# Solidly built, great case. Nothing cheap and plasticy about this



## copcarcollector (Aug 8, 2012)

I have one of these sets but have yet to use it. If I recall correctly, it was a Woodpeckers One Time Tool, and may be harder to find right now. Thanks for the review, I look forward to using my set soon.


----------



## Ken90712 (Sep 2, 2009)

Hard to go wrong with Woodpeckers tools. They make some great tools, seems I'm always buying the one time tools that I just have to have. LOL


----------



## zzzzdoc (Mar 6, 2010)

Yeah, I can't seem to resist the One-Time tools either. The good part is that I tend to really use them, and they're built great. Nice people at the company too.


----------



## lazyoakfarm (Sep 28, 2010)

I buy a lot of woodpeckers tools.

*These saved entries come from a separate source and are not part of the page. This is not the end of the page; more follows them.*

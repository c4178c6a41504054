-- ===== src/AsTracker/Table.antt =====
-- proxy/as_tracker.cpp: when `TableWouldBeWrong` lets a dispatch pass, `RecordConstantsTable` is
-- right for every structure that counts.
use dxr11_pascal.Base.{
  ℕ, zero, suc, ◌+◌, ◌<◌, ◌≡◌, ◌≢◌, refl, sym, ◌∙◌, subst, inl, inr, Bool, true, false, ◌||◌, not,
  List, [], ◌∷◌, Option, none, some, arith, ◌==◌, get_elem?, Bool-cases, Option-cases,
}
use dxr11_pascal.AsTracker.{RecordConstants, TlasInfo, State, Instance, word}
use dxr11_pascal.AsTracker.Parse.{Known, geometries_of, parse}
use dxr11_pascal.AsTracker.Builds.{counts}
use dxr11_pascal.AsTracker.Slots.{answer}
use dxr11_pascal.AsTracker.Answers.{IsKnown, parse-answers, parse-IsKnown}
use dxr11_pascal.AsTracker.Records.{
  merged, merge, layout_refusal, table_would_be_wrong, put_constants, constants_table,
  record_constants_table,
}
use dxr11_pascal.AsTracker.Merging.{
  put_constants-stay, merge-put_constants, merge-holds, Merged-cases,
}

constants_table-stay :
    (s : State) (only : Option (List ℕ)) (m : List (ℕ × TlasInfo)) (ms : List RecordConstants)
    (k : ℕ) (rc : RecordConstants)
    → get_elem? ms k ≡ some rc
    → rc.assigned ≡ true
    → get_elem? (constants_table s only m ms) k ≡ some rc
unfolding constants_table
constants_table-stay s only [] ms k rc e a = e
constants_table-stay s only ((at, t) ∷ m) ms k rc e a =
    elim (Bool-cases (not t.valid || not (counts s only at))) [
      | inl u ↦ rw (u, constants_table) (constants_table-stay s only m ms k rc e a)
      | inr u ↦
          rw (u, constants_table)
            (constants_table-stay s only m (put_constants ms t.constants) k rc
              (put_constants-stay ms t.constants k rc e a) a)
    ]

-- A structure that counts.
pub record Counted (s : State) (only : Option (List ℕ)) (at : ℕ) (t : TlasInfo) : Type 0 where
  pub is_valid : t.valid ≡ true
  pub is_counted : counts s only at ≡ true

Counted-kept :
    (s : State) (only : Option (List ℕ)) (at : ℕ) (t : TlasInfo)
    → Counted s only at t
    → (not t.valid || not (counts s only at)) ≡ false
Counted-kept s only at t c = rw (c.is_valid, c.is_counted) refl

-- What the first loop has checked of a structure that counts, and of the table.
pub record Checked (table : List RecordConstants) (t : TlasInfo) : Type 0 where
  pub all_known : t.unknown_blas ≡ 0
  pub no_conflict : t.constants_conflict ≡ false
  pub in_table :
      (k : ℕ) (rc : RecordConstants)
      → get_elem? t.constants k ≡ some rc
      → rc.assigned ≡ true
      → get_elem? table k ≡ some rc

-- What a structure that counts must be for the first loop to go on.
layout_refusal-step :
    (s : State) (only : Option (List ℕ)) (m : List (ℕ × TlasInfo)) (ms : List RecordConstants)
    (at : ℕ) (t : TlasInfo)
    → (not t.valid || not (counts s only at)) ≡ false
    → layout_refusal s only ((at, t) ∷ m) ms ≡ none
    → (t.unknown_blas ≡ 0)
      × (t.constants_conflict ≡ false)
      × (out : List RecordConstants) × (merge 0 ms t.constants ≡ merged out)
      × (layout_refusal s only m out ≡ none)
unfolding layout_refusal
layout_refusal-step s only m ms at t kept = elim (Bool-cases (t.unknown_blas == 0)) [
  | inr u ↦ rw (kept, u, layout_refusal) (λ q. absurd cc)
  | inl u ↦ elim (Bool-cases t.constants_conflict) [
    | inl c ↦ rw (kept, u, c, layout_refusal) (λ q. absurd cc)
    | inr c ↦ elim (Merged-cases (merge 0 ms t.constants)) [
      | inl (i, f) ↦ rw (kept, u, c, f, layout_refusal) (λ q. absurd cc)
      | inr (out, f) ↦ rw (kept, u, c, f, layout_refusal) (λ q. (ground arith, refl, out, refl, q))
    ]
  ]
]

constants_table-skip :
    (s : State) (only : Option (List ℕ)) (m : List (ℕ × TlasInfo)) (ms : List RecordConstants)
    (e : ℕ × TlasInfo)
    → (not e.1.valid || not (counts s only e.0)) ≡ true
    → constants_table s only (e ∷ m) ms ≡ constants_table s only m ms
unfolding constants_table
constants_table-skip s only m ms (at, t) u = rw (u, constants_table) refl

constants_table-keep :
    (s : State) (only : Option (List ℕ)) (m : List (ℕ × TlasInfo)) (ms : List RecordConstants)
    (e : ℕ × TlasInfo)
    → (not e.1.valid || not (counts s only e.0)) ≡ false
    → constants_table s only (e ∷ m) ms ≡ constants_table s only m (put_constants ms e.1.constants)
unfolding constants_table
constants_table-keep s only m ms (at, t) u = rw (u, constants_table) refl

layout_refusal-skip :
    (s : State) (only : Option (List ℕ)) (m : List (ℕ × TlasInfo)) (ms : List RecordConstants)
    (e : ℕ × TlasInfo)
    → (not e.1.valid || not (counts s only e.0)) ≡ true
    → layout_refusal s only (e ∷ m) ms ≡ layout_refusal s only m ms
unfolding layout_refusal
layout_refusal-skip s only m ms (at, t) u = rw (u, layout_refusal) refl

-- The structure at the head of those that are left.
layout_refusal-head :
    (s : State) (only : Option (List ℕ)) (m : List (ℕ × TlasInfo)) (ms : List RecordConstants)
    (at : ℕ) (t : TlasInfo)
    → (not t.valid || not (counts s only at)) ≡ false
    → layout_refusal s only ((at, t) ∷ m) ms ≡ none
    → Checked (constants_table s only ((at, t) ∷ m) ms) t
layout_refusal-head s only m ms at t kept quiet =
    let (all, fine, out, f, later) = layout_refusal-step s only m ms at t kept quiet in
    rw (constants_table-keep s only m ms (at, t) kept) (record {
      all_known = all;
      no_conflict = fine;
      in_table = λ k rc g a.
          constants_table-stay s only m (put_constants ms t.constants) k rc
            (merge-holds 0 ms t.constants out k rc f g a) a;
    })

layout_refusal-Checked :
    (s : State) (only : Option (List ℕ)) (m : List (ℕ × TlasInfo)) (ms : List RecordConstants)
    (place at : ℕ) (t : TlasInfo)
    → get_elem? m place ≡ some (at, t)
    → Counted s only at t
    → layout_refusal s only m ms ≡ none
    → Checked (constants_table s only m ms) t
layout_refusal-Checked s only [] ms place at t e c quiet = absurd cc
layout_refusal-Checked s only (x ∷ m) ms zero at t e c quiet =
    let same : x ≡ (at, t) = cc in
    let kept = Counted-kept s only at t c in
    subst
      (λ y. layout_refusal s only (y ∷ m) ms ≡ none → Checked (constants_table s only (y ∷ m) ms) t)
      (sym same) (layout_refusal-head s only m ms at t kept) quiet
layout_refusal-Checked s only ((b, u) ∷ m) ms (suc place) at t e c quiet =
    elim (Bool-cases (not u.valid || not (counts s only b))) [
      | inl skip ↦ rw (constants_table-skip s only m ms (b, u) skip) (
          layout_refusal-Checked s only m ms place at t e c
            (sym (layout_refusal-skip s only m ms (b, u) skip) ∙ quiet))
      | inr kept ↦
          let (all, fine, out, f, later) = layout_refusal-step s only m ms b u kept quiet in
          let same : out ≡ put_constants ms u.constants =
            merge-put_constants 0 ms u.constants out f in
          rw (constants_table-keep s only m ms (b, u) kept) (
            subst (λ o. Checked (constants_table s only m o) t) same
              (layout_refusal-Checked s only m out place at t e c later))
    ]

layout_passes :
    (s : State) (commits : Bool) (only : Option (List ℕ))
    → table_would_be_wrong s commits only ≡ none
    → layout_refusal s only s.tlas [] ≡ none
unfolding table_would_be_wrong
layout_passes s commits only = elim (Option-cases (layout_refusal s only s.tlas [])) [
  | inl e ↦ λ q. e
  | inr (r, e) ↦ rw (e, table_would_be_wrong) (λ q. absurd cc)
]

layout_passes-Checked :
    (s : State) (commits : Bool) (only : Option (List ℕ)) (place at : ℕ) (t : TlasInfo)
    → get_elem? s.tlas place ≡ some (at, t)
    → Counted s only at t
    → table_would_be_wrong s commits only ≡ none
    → Checked (record_constants_table s only) t
unfolding record_constants_table
layout_passes-Checked s commits only place at t e c quiet =
    layout_refusal-Checked s only s.tlas [] place at t e c (layout_passes s commits only quiet)

-- When a dispatch on read instances is not refused, each active instance of each structure that counts
-- is on a structure whose build, with the kind of its geometry, was seen, and for each geometry of it
-- the record that its hits reach, the instance's contribution plus the geometry's index, carries that
-- index and that contribution. The structure stands as it was parsed from its instances, and the
-- instance's records do not wrap.
pub table-answers :
    (s : State) (commits : Bool) (only : Option (List ℕ)) (known : Known) (ds : List Instance)
    (at place : ℕ) (d : Instance) (i : ℕ)
    → get_elem? s.tlas place ≡ some (at, parse known ds)
    → Counted s only at (parse known ds)
    → table_would_be_wrong s commits only ≡ none
    → get_elem? ds i ≡ some d
    → d.structure ≢ 0
    → d.contribution + geometries_of (known d.structure) < word
    → IsKnown known d
      × ((gi : ℕ)
          → gi < geometries_of (known d.structure)
          → get_elem? (record_constants_table s only) (d.contribution + gi)
            ≡ some (answer gi d.contribution))
table-answers s commits only known ds at place d i e c quiet there active fit =
    let checked = layout_passes-Checked s commits only place at (parse known ds) e c quiet in
    let seen = parse-IsKnown known ds d i there active checked.all_known in
    let (b, is_b, kind) = seen in
    (
      seen,
      λ gi low.
          let mine =
            parse-answers known ds d b i gi there active is_b
              (subst (λ o. gi < geometries_of o) is_b low)
              (subst (λ o. d.contribution + geometries_of o < word) is_b fit) checked.no_conflict in
          checked.in_table (d.contribution + gi) (answer gi d.contribution) mine refl,
    )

I wanted these, but waited too long and then I was going to make some, HA. Where has woodpeckers customer service Gone? I bought a 12 pack of corner clamps and didn't like them. they were pulling my drawer corners apart that were cut with a drawer lock router bit. I never could get anyone to tell me how to send them back. I still buy their tools, now I get them form carbide processors. They have wonderful customer service. In fact they offered to take back the clamps that I didnt ever purchase from them. Thats where I get my whiteside from too.


----------